Not every strategy will work in every situation. The risk is that transferring strategies from one context to another could lead to poor strategies.

Also:

It may seem a paradox that as individual agents experience more diverse contacts, the system can become less diverse.

Early innovations spread too fast, and variety that can provide later improvements is lost—the phenomenon we have called premature convergence.

There are four key actions that you can take:

Build networks of reciprocal interaction that foster trust and cooperation.

It can be really useful to think about how your team members interact with each other and how they interact with others in and outside of the organization.

Assess strategies in light of how their consequences can spread.

Strategies spread through interaction, and different strategies may be easier or hard to spread throughout a network. It is important to think about strategies not just based on how effective they are but also on how well they can spread.

Promote effective neighborhoods.

There is value in having the right degree of coherence in a group, and this will depend on context. It can help find the right degree of similarity to foster in those coordinating.

Do not sow large failures when reaping small efficiencies.

Increasing connections (tearing down silos) can be beneficial to create efficiencies and transfers of strategies, but there is a downside. To use an analogy, a virus is more likely to spread in a tight network than in a sparse one. It is important to find the balance between interaction and separation.

Selection

Selection is the process by which a complex system evolves by choosing the frequency of various agents and strategies.

To know what to select, it is important to define success,

First, it is valuable to appreciate that performance measures are defined within the system.

These definitions of success are not always explicit. Many cues for what is successful and what isn’t are subtle.

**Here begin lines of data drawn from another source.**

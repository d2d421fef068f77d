-- ===== src/Session/Run.antt =====
-- Any sequence of requests on a pair: it comes to an end, and no request is lost or completed twice.
use ghostcom.Base.{ℕ, Bool, true, false, ◌≡◌, ◌≢◌, refl, sym, ap, subst, ◌∙◌, arith}
use ghostcom.Base.{List, [], ◌∷◌, Option, none, some, if◌then◌else◌}
use ghostcom.Base.{total, total-append, Option-cases, inl, inr}
use ghostcom.Status.{device_not_connected}
use ghostcom.Wdf.{Wdf, Completion, complete, requests-append, requests}
use ghostcom.Pair.{PortPair}
use ghostcom.Transfer.{Ends}
use ghostcom.Transfer.Steps.{Ends-map}
use ghostcom.Com.Ioctl.{
  ComIoctl, mask_set, purge_queues, char_immediate, com_evt_ioctl, com_ioctl_active,
}
use ghostcom.Com.Ioctl.Once.{moves, com_evt_ioctl-IsHandled}
use ghostcom.Session.{
  Event, com_read, com_write, comp_read, comp_write, com_ioctl, comp_ioctl, request_of, arrived,
  gets_through, all_get_through, cancelled_by, cancelled, serve, run, Served, and_then,
}
use ghostcom.Session.Calm.{IsCalm, IsKept}
use ghostcom.Session.Data.{
  answered-IsKept, com_evt_read-IsKept, com_evt_write-IsKept, comp_evt_read-IsKept,
  comp_evt_write-IsKept,
}
use ghostcom.Session.Ioctls.{serial_purge-IsKept, set_wait_mask-IsKept, immediate_char-IsKept}
use ghostcom.Session.Signals.{comp_evt_ioctl-IsKept}
use ghostcom.Session.Told.{IsHandled-IsKept}

module _ (wdf : Wdf) (comm_prop : List ℕ) where
  open wdf use {Request, Queue}

  module _ (pp : PortPair Queue) (calm : IsCalm wdf pp) (request : Request) where
    abbrev Keeps : List Request → Option (PortPair Queue × List (Completion Request)) → Type 0
    Keeps gone result = Ends (IsKept wdf pp (request ∷ []) gone) result

    -- An active pair's handler, or the error.
    switched :
        (b : Bool) (gone : List Request)
        → (result : Option (PortPair Queue × List (Completion Request))) → Keeps gone result
        → Keeps
            (if b then gone else [])
            (if b then result else some (pp, complete request device_not_connected ∷ []))
    switched true gone result h = h
    switched false gone result h = answered-IsKept wdf pp calm request _ refl

    there : pp.wait_mask_queue ≢ none
    there e = cc (e, calm.masks)

    -- The codes that move nothing cancel nothing.
    cancelled_by-nil :
        (code : ComIoctl) → moves wdf code ≡ false → cancelled_by wdf pp request code ≡ []
    cancelled_by-nil mask_set h = absurd (cc h)
    cancelled_by-nil purge_queues h = absurd (cc h)
    cancelled_by-nil _ h = refl

    handled :
        (code : ComIoctl)
        → moves wdf code ≡ false
        → Keeps
            (if pp.active then cancelled_by wdf pp request code else [])
            (com_evt_ioctl wdf comm_prop pp request code)
    handled code h =
        subst (λ gone. Keeps gone (com_evt_ioctl wdf comm_prop pp request code))
          (sym (
            ap (λ l. if pp.active then l else []) (cancelled_by-nil code h) ∙ nothing pp.active []))
          (Ends-map (com_evt_ioctl wdf comm_prop pp request code)
            (λ out. IsHandled-IsKept wdf pp request out calm)
            (com_evt_ioctl-IsHandled wdf comm_prop pp request there code h))
      where
        nothing : (b : Bool) (l : List Request) → (if b then l else l) ≡ l
        nothing true l = refl
        nothing false l = refl

    com_evt_ioctl-IsKept :
        (code : ComIoctl)
        → Keeps
            (if pp.active then cancelled_by wdf pp request code else [])
            (com_evt_ioctl wdf comm_prop pp request code)
    unfolding com_evt_ioctl com_ioctl_active
    com_evt_ioctl-IsKept mask_set =
        switched pp.active _ _ (set_wait_mask-IsKept wdf pp calm request)
    com_evt_ioctl-IsKept purge_queues =
        switched pp.active _ _ (serial_purge-IsKept wdf pp calm request)
    com_evt_ioctl-IsKept char_immediate =
        switched pp.active [] _ (immediate_char-IsKept wdf pp calm request)
    com_evt_ioctl-IsKept code = handled code refl

  -- What one request is to keep.
  abbrev pub Serves :
      PortPair Queue → Event Request → PortPair Queue × List (Completion Request) → Type 0
  Serves pp event out = IsKept wdf pp (request_of event ∷ []) (cancelled wdf pp event) out

  pub serve-IsKept :
      (pp : PortPair Queue) (event : Event Request)
      → gets_through event ≡ true
      → IsCalm wdf pp
      → Ends (Serves pp event) (serve wdf comm_prop pp event)
  unfolding serve
  serve-IsKept pp (com_read request len) h calm = com_evt_read-IsKept wdf pp calm request len h
  serve-IsKept pp (com_write request len) h calm = com_evt_write-IsKept wdf pp calm request len
  serve-IsKept pp (comp_read request len) h calm = comp_evt_read-IsKept wdf pp calm request len h
  serve-IsKept pp (comp_write request len) h calm = comp_evt_write-IsKept wdf pp calm request len
  serve-IsKept pp (com_ioctl request code) h calm = com_evt_ioctl-IsKept pp calm request code
  serve-IsKept pp (comp_ioctl request code) h calm = comp_evt_ioctl-IsKept wdf pp calm request code

  -- A run comes to an end, and keeps the pair.
  abbrev pub RunKept :
      PortPair Queue → List (Event Request) → Option (Served wdf comm_prop) → Type 0
  RunKept pp events none = ⊥
  RunKept pp events (some (pp', done, gone)) = IsKept wdf pp (arrived events) gone (pp', done)

  then_run :
      {pp pp' : PortPair Queue} (event : Event Request) (events : List (Event Request))
      {done : List (Completion Request)} {gone : List Request}
      (result : Option (Served wdf comm_prop))
      → IsKept wdf pp (request_of event ∷ []) gone (pp', done)
      → RunKept pp' events result
      → RunKept pp (event ∷ events) (and_then wdf comm_prop done gone result)
  then_run event events none k h = h
  then_run event events {done = done} {gone = gone} (some (last, done', gone')) k h = record {
    calm = h.calm;
    same = h.same ∙ k.same;
    once = λ weight. omega (
      arith,
      k.once weight,
      h.once weight,
      ap (total weight) (requests-append done done'),
      total-append weight (requests done) (requests done'),
      total-append weight gone gone',
    );
  }

  -- From a pair with valid rings, no read that waits while there are bytes for it, and all
  -- six of its queues, any sequence of requests of both sides (reads and writes of one byte
  -- at least, and the IOCTLs) comes to an end, and such a pair is left, with the same
  -- numbers, flags, references and ring sizes. However the requests are weighed, those
  -- completed, those cancelled by a purge and those that wait are together those that came
  -- and those that waited: each is one of the three, once.
  pub run-IsKept :
      (pp : PortPair Queue) (events : List (Event Request))
      → IsCalm wdf pp
      → all_get_through events ≡ true
      → RunKept pp events (run wdf comm_prop pp events)
  unfolding run
  run-IsKept pp [] calm h = record { calm = calm; same = refl; once = λ weight. refl }
  run-IsKept pp (event ∷ events) calm h =
      let served = serve-IsKept pp event (ground arith) calm in
      elim (Option-cases (serve wdf comm_prop pp event)) [
        | inl e ↦ absurd (subst (λ result. Ends (Serves pp event) result) e served)
        | inr ((pp', done), e) ↦
            let kept : Serves pp event (pp', done) =
              subst (λ result. Ends (Serves pp event) result) e served in
            rw (e, run)
              (then_run event events (run wdf comm_prop pp' events) kept
                (run-IsKept pp' events kept.calm (ground arith)))
      ]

It is important to note these rewards (raises, promotion, praise, better assignments) all happen within the system.

Second, how success is defined affects the chances for effective learning.

When success is measurable only rarely, new measures with a faster tempo can speed learning, even if they do not perfectly reflect the longer-term goal.

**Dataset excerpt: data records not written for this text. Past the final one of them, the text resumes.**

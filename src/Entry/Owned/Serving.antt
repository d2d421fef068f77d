-- ===== src/Entry/Owned/Serving.antt =====
-- A request to a pair, active or not, with the files that are open on it.
use ghostcom.Base.{ℕ, ◌≡◌, ap, Bool, true, false, Bool-cases, inl, inr, subst, sym, refl}
use ghostcom.Base.{List, [], ◌∷◌, some, if◌then◌else◌}
use ghostcom.Status.{device_not_connected}
use ghostcom.Wdf.{Wdf, Completion, complete}
use ghostcom.Pair.{PortPair}
use ghostcom.Transfer.{Ends}
use ghostcom.Transfer.Steps.{Ends-map}
use ghostcom.Com.{com_evt_read, com_evt_write}
use ghostcom.Com.Ioctl.{com_evt_ioctl}
use ghostcom.Companion.{comp_evt_read, comp_evt_write}
use ghostcom.Companion.Signals.{comp_evt_ioctl}
use ghostcom.Session.{
  Event, com_read, com_write, comp_read, comp_write, com_ioctl, comp_ioctl, request_of,
  gets_through, cancelled, serve,
}
use ghostcom.Session.Calm.{IsKept}
use ghostcom.Session.Run.{serve-IsKept}
use ghostcom.Entry.Owned.{IsOwned, IsTouched, IsOwned-same}

off_lem : {A : Type 0} (x y : A) (b : Bool) → b ≡ false → (if b then x else y) ≡ y
off_lem x y true h = absurd (cc h)
off_lem x y false h = refl

module _ (wdf : Wdf) (comm_prop : List ℕ) (pp : PortPair wdf.Queue) where
  open wdf use {Request, Queue}

  -- A pair that is not active is left as it is, and the request is completed with the error.
  pub serve-inactive :
      (event : Event Request)
      → pp.active ≡ false
      → serve wdf comm_prop pp event
        ≡ some (pp, complete (request_of event) device_not_connected ∷ [])
  unfolding serve com_evt_read com_evt_write comp_evt_read comp_evt_write com_evt_ioctl
      comp_evt_ioctl
  serve-inactive (com_read request len) off = off_lem _ _ pp.active off
  serve-inactive (com_write request len) off = off_lem _ _ pp.active off
  serve-inactive (comp_read request len) off = off_lem _ _ pp.active off
  serve-inactive (comp_write request len) off = off_lem _ _ pp.active off
  serve-inactive (com_ioctl request code) off = off_lem _ _ pp.active off
  serve-inactive (comp_ioctl request code) off = off_lem _ _ pp.active off

  abbrev pub ServedOwned : Bool → Bool → PortPair Queue × List (Completion Request) → Type 0
  ServedOwned com_open comp_open out =
      IsOwned wdf out.0 com_open comp_open × IsTouched wdf pp (some out.0)

  -- A request comes to an end, and the pair is still owned as before.
  pub serve-ServedOwned :
      {com_open comp_open : Bool} (event : Event Request)
      → gets_through event ≡ true
      → IsOwned wdf pp com_open comp_open
      → Ends (ServedOwned com_open comp_open) (serve wdf comm_prop pp event)
  serve-ServedOwned {com_open} {comp_open} event h o = elim (Bool-cases pp.active) [
    | inr off ↦
        subst (λ result. Ends (ServedOwned com_open comp_open) result)
          (sym (serve-inactive event off)) (o, inl off)
    | inl on ↦
        Ends-map (serve wdf comm_prop pp event)
          (λ out (k : IsKept wdf pp (request_of event ∷ []) (cancelled wdf pp event) out). (
            IsOwned-same wdf out.0 k.same (λ _. k.calm) o,
            inr (out.0, refl, ap (λ i. i.2) k.same, ap (λ i. i.0) k.same),
          ))
          (serve-IsKept wdf comm_prop pp event h (o.ready on).2)
  ]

Whenever outcomes are better or worse than expected, the experience can help to revise evaluation criteria so that, in the future, the attribution of credit will produce better outcomes

It is also important to note that causality is hard to know in a complex system. Behaviors correlated with success may get copied despite lacking a causal relationship.

Often what will lead to success will be strategies, but those strategies are used by agents. Often the agent is rewarded and thus both the successful strategies and unrelated strategies are more likely to be copied. If you can reward just the specific strategy it is often more transferable, but there is the risk of loss of context.

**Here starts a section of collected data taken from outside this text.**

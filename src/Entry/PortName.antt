-- ===== src/Entry/PortName.antt =====
-- How often a child's PortName is written.
use ghostcom.Base.{
  ℕ, suc, ◌≡◌, refl, sym, ap, subst, inl, inr, ◌⊎◌, true, false, not, ◌&&◌, either_way,
  if◌then◌else◌, List, [], ◌∷◌, some,
}
use ghostcom.Status.{nt_success}
use ghostcom.Entry.{
  Pdo, KeyCalls, PnpIrp, query_id, other_irp, write_port_name, pdo_pnp_preprocess_irp,
}

-- The routine on one IRP after the other.
unfoldable pub preprocess_all : List (KeyCalls × PnpIrp) → Pdo → Pdo
preprocess_all [] pdo = pdo
preprocess_all ((calls, irp) ∷ irps) pdo =
    preprocess_all irps (pdo_pnp_preprocess_irp calls irp pdo)

-- The flag tells of the one write, and that the name is the port's.
pub record IsOnce (number : ℕ) (pdo : Pdo) : Type 0 where
  pub numbered : pdo.port_number ≡ number
  pub told :
      ((pdo.port_name_written ≡ false) × (pdo.writes ≡ 0))
      ⊎ ((pdo.port_name_written ≡ true) × (pdo.writes ≡ 1) × (pdo.port_name ≡ some number))

write_port_name-IsOnce :
    (number : ℕ) (calls : KeyCalls) (pdo : Pdo)
    → pdo.port_number ≡ number
    → pdo.port_name_written ≡ false
    → pdo.writes ≡ 0
    → IsOnce number (write_port_name calls pdo)
unfolding write_port_name
write_port_name-IsOnce number calls pdo numbered unwritten never =
    let kept : IsOnce number pdo = record { numbered = numbered; told = inl (unwritten, never) } in
    either_way (IsOnce number) (nt_success calls.open_key && calls.has_handle)
      (either_way (IsOnce number) (nt_success calls.format)
        (either_way (IsOnce number) (nt_success calls.set_value)
          (record { numbered = numbered; told = inr (refl, ap suc never, ap some numbered) }) kept)
        kept)
      kept

irp-IsOnce :
    (number : ℕ) (calls : KeyCalls) (irp : PnpIrp) (pdo : Pdo)
    → IsOnce number pdo
    → IsOnce number (pdo_pnp_preprocess_irp calls irp pdo)
unfolding pdo_pnp_preprocess_irp
irp-IsOnce number calls other_irp pdo i = i
irp-IsOnce number calls query_id pdo i = elim i.told [
  | inr (written, once, name) ↦
      subst (λ b. IsOnce number (if not b then write_port_name calls pdo else pdo)) (sym written) i
  | inl (unwritten, never) ↦
      either_way (IsOnce number) (not pdo.port_name_written)
        (write_port_name-IsOnce number calls pdo i.numbered unwritten never) i
]

-- Through any sequence of IRPs to a child GcomPdoPnpPreprocessIrp sets PortName at most once,
-- the flag is set exactly if it has, and the name is then the child's port number.
pub preprocess_all-IsOnce :
    (irps : List (KeyCalls × PnpIrp)) (number : ℕ) (pdo : Pdo)
    → IsOnce number pdo
    → IsOnce number (preprocess_all irps pdo)
unfolding preprocess_all
preprocess_all-IsOnce [] number pdo i = i
preprocess_all-IsOnce ((calls, irp) ∷ irps) number pdo i =
    preprocess_all-IsOnce irps number _ (irp-IsOnce number calls irp pdo i)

Agent selection often works on longer time scales—faster is not always better—and preserves variation and context. Strategy selection isolates key patterns that can be more easily and rapidly copied.

There are three major risks to determining what caused the success within a complex system:

  • the mistake of crediting or blaming a part when a larger ensemble is responsible,
  • the mistake of attributing credit or blame to a particular ensemble of factors when in fact a different ensemble is responsible, and
  • the mistake of crediting a misconstrued strategy, where the action involved produced success, but the conditions in which the action should be taken have been misunderstood.

As a leader, there is a much higher risk that what you do will be copied:

First, a leader can sometimes set standards that provide incentives for others to copy. Second, a leader’s actions or performance measures are typically seen to be successful and hence worth emulating. Third, a leader may set an example that helps establish beneficial norms in a community.

To support appropriate selection there are two key actions you can take:

Use social activity to support the growth and spread of valued criteria.

and

Look for shorter-term, finer-grained measures of success that can usefully stand in for longer-run, broader goals.